#### Exercise objective
Below are the records. State how many of their lines contain "Type", with nothing else.
** Records for this task follows **
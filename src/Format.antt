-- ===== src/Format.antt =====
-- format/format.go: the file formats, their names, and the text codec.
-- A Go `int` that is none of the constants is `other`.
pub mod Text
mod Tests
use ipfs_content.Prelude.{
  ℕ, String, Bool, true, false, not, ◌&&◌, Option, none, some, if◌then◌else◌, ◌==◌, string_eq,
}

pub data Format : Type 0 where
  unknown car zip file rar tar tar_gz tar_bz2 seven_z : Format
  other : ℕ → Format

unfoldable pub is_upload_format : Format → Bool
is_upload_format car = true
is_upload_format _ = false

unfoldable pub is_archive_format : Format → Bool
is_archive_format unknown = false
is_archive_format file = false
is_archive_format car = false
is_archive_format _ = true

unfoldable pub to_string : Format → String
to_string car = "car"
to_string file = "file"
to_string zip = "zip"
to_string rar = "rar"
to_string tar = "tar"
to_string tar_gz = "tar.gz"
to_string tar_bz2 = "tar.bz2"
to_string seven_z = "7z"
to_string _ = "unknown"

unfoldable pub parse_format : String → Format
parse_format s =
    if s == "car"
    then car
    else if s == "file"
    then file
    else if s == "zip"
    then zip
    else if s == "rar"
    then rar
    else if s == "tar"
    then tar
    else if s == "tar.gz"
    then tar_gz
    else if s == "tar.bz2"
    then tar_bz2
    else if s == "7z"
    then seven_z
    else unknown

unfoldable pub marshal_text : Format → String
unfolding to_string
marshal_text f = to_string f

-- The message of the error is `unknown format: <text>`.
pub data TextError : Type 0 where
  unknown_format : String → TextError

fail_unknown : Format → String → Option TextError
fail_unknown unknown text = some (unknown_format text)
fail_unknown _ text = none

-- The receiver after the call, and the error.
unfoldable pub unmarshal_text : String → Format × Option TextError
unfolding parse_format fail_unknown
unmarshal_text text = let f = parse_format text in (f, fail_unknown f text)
** End of Records for this task **
#### Answer to the problem
2